I don't want to sing. That's why I took glee club in the first place.
We're gonna look like idiots in front of the whole school...(Gestures.) Not to mention our parents. What are we gonna do?
(Randy is leaning back against the lockers with his arms crossed.)
Well, for one thing, we're not gonna mention it to our parents. Deal?
(In glee club.)
It's now or never, Arnold.
Aw, what the heck...was I a stout-hearted man? Or a craven coward.
Yes, Kevin? (Smiles.)
We've been...(nods)..thinking this whole thing over. And...see...we don't really wanna be in the Spring Sing. It's just that...(gestures)...we're not any good. So...maybe we shouldn't do it.
There. Difficult, of course, but best for everyone concerned.
You...really feel this way? (Nods.) All of you?
(The guys nod and say "uh-huh".)
I see. Well...I had no idea...
And there ya had it.
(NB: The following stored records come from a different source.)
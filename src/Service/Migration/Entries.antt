-- ===== src/Service/Migration/Entries.antt =====
-- agent/cg-agent/src/service/migration.rs: the names that the product's directories may hold.
-- What `custody::entries` lists of a directory, or why it cannot, is an argument.
use cyber_guard_enterprise.Prelude.{
  Bool, true, false, ◌&&◌, ◌||◌, not, [], ◌∷◌, ◌++◌, map, Option, none, some, Text, bytes, text_eq,
  to_ascii_lowercase, eq_ignore_ascii_case, ◌==◌, if◌then◌else◌,
}
use cyber_guard_enterprise.Prelude.Results.{Result, ok, err, Done, done, ◌>>=◌, ◌>>◌, guard}
use cyber_guard_enterprise.Service.Migration.Arguments.{Texts}

abbrev pub has_name : Text → Texts → Bool
has_name t [] = false
has_name t (n ∷ names) = text_eq t n || has_name t names

-- `REQUIRED`, and `TEMPORARY`.
abbrev pub required_names : Texts
required_names =
    bytes "agent.toml"
    ∷ bytes "server-ca.pem"
    ∷ bytes "cert.pem"
    ∷ bytes "key.dat"
    ∷ bytes "identity.json"
    ∷ []

abbrev pub temporary : Text
temporary = bytes "agent.toml.hygiene-tmp"

abbrev pub repair_entry : Text
repair_entry =
    bytes "repair: an administrator who has checked that it is not the agent's removes it"

abbrev pub repair_temporary : Text
repair_temporary =
    bytes "repair: an administrator deletes it, since it holds at most a consumed token"

abbrev pub repair_anew : Text
repair_anew =
    bytes
      "repair: an administrator keeps the files aside, removes the CyberGuard directory and installs anew with a new token, the old agent removed on the server"

-- The first of the names that is the entry but for ASCII case.
abbrev pub find_name : Text → Texts → Option Text
find_name entry [] = none
find_name entry (n ∷ names) =
    let rest = find_name entry names in if eq_ignore_ascii_case n entry then some n else rest

unfoldable pub known_name : Text → Option Text
known_name entry = find_name entry (required_names ++ temporary ∷ [])

-- `file_name`, of a path whose separator is `\`.
abbrev pub last_part : Text → Text → Text
last_part [] part = part
last_part (c ∷ s) part = last_part s (if c == 92 then s else part)

abbrev pub file_name : Text → Text
file_name path = last_part path path

-- Where the migration finds its directories.
pub record Paths : Type 0 where
  pub product_root : Text
  pub data_root : Text
  pub staging : Text

-- `Path::join`.
abbrev pub in_directory : Text → Text → Text
in_directory path name = path ++ 92 ∷ name

-- The reason for an entry that is not the agent's.
abbrev pub foreign_entry : Text → Text → Text
foreign_entry path entry =
    path ++ bytes " holds " ++ entry ++ bytes ", which is not the agent's; " ++ repair_entry

unfoldable pub is_accepted : Paths → Bool → Text → Bool
is_accepted paths staging entry =
    eq_ignore_ascii_case entry (file_name paths.data_root)
    || (staging && eq_ignore_ascii_case entry (file_name paths.staging))

-- The loop of `check_root_entries`, with the names seen before.
unfoldable pub root_loop : Paths → Bool → Texts → Texts → Result Text Done
root_loop paths staging seen [] = ok done
root_loop paths staging seen (entry ∷ entries) =
    guard (is_accepted paths staging entry && not (has_name (map to_ascii_lowercase entry) seen))
      (foreign_entry paths.product_root entry)
    >> root_loop paths staging (map to_ascii_lowercase entry ∷ seen) entries

unfoldable pub check_root_entries : Paths → Bool → Result Text Texts → Result Text Done
check_root_entries paths staging listed = listed >>= λ entries. root_loop paths staging [] entries

unfoldable pub take_name : Text → Texts → Text → Option Text → Result Text Texts
take_name path names entry none = err (foreign_entry path entry)
take_name path names entry (some name) =
    guard (not (has_name name names)) (foreign_entry path entry) >> ok (names ++ name ∷ [])

-- The loop of `data_root_names`, with the names found before.
unfoldable pub names_loop : Text → Texts → Texts → Result Text Texts
names_loop path names [] = ok names
names_loop path names (entry ∷ entries) =
    take_name path names entry (known_name entry) >>= λ names. names_loop path names entries

unfoldable pub data_root_names : Paths → Result Text Texts → Result Text Texts
data_root_names paths listed = listed >>= λ entries. names_loop paths.data_root [] entries

-- `REQUIRED`'s names, each of which must be there.
unfoldable pub check_required_names : Paths → Texts → Texts → Result Text Done
check_required_names paths names [] = ok done
check_required_names paths names (r ∷ required) =
    guard (has_name r names)
      (r ++ bytes " is missing from " ++ paths.data_root ++ bytes "; " ++ repair_anew)
    >> check_required_names paths names required

-- The names that were not there when the files were checked.
unfoldable pub check_appeared : Paths → Texts → Texts → Result Text Done
check_appeared paths checked [] = ok done
check_appeared paths checked (n ∷ names) =
    guard (has_name n checked) (
      in_directory paths.data_root n
      ++ bytes " appeared after the check; "
      ++ (if text_eq n temporary then repair_temporary else repair_entry))
    >> check_appeared paths checked names

-- `check_names_again`, by the names of the files that were checked.
unfoldable pub check_names_again :
    Paths → (root_entries data_root_entries : Result Text Texts) → Texts → Result Text Done
check_names_again paths root_entries data_root_entries checked =
    check_root_entries paths true root_entries
    >> (data_root_names paths data_root_entries >>= λ names.
        check_appeared paths checked names >> check_required_names paths names required_names)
We'd finally gotten through to her. Miss Haycock was coming to her senses. She was going to see reason. She was going...
(She frowns heavily and turns away.)
To cry...Needless to say, we handled it with a certain maturity.
Well, what you do that for, Arnold? (Frowns.)
Me? (Gestures.) You told me to!
Way to go, Kev. (Frowns.)
I can't believe you did that.
You were supposed to talk to her. (Frowns.) Not make her cry.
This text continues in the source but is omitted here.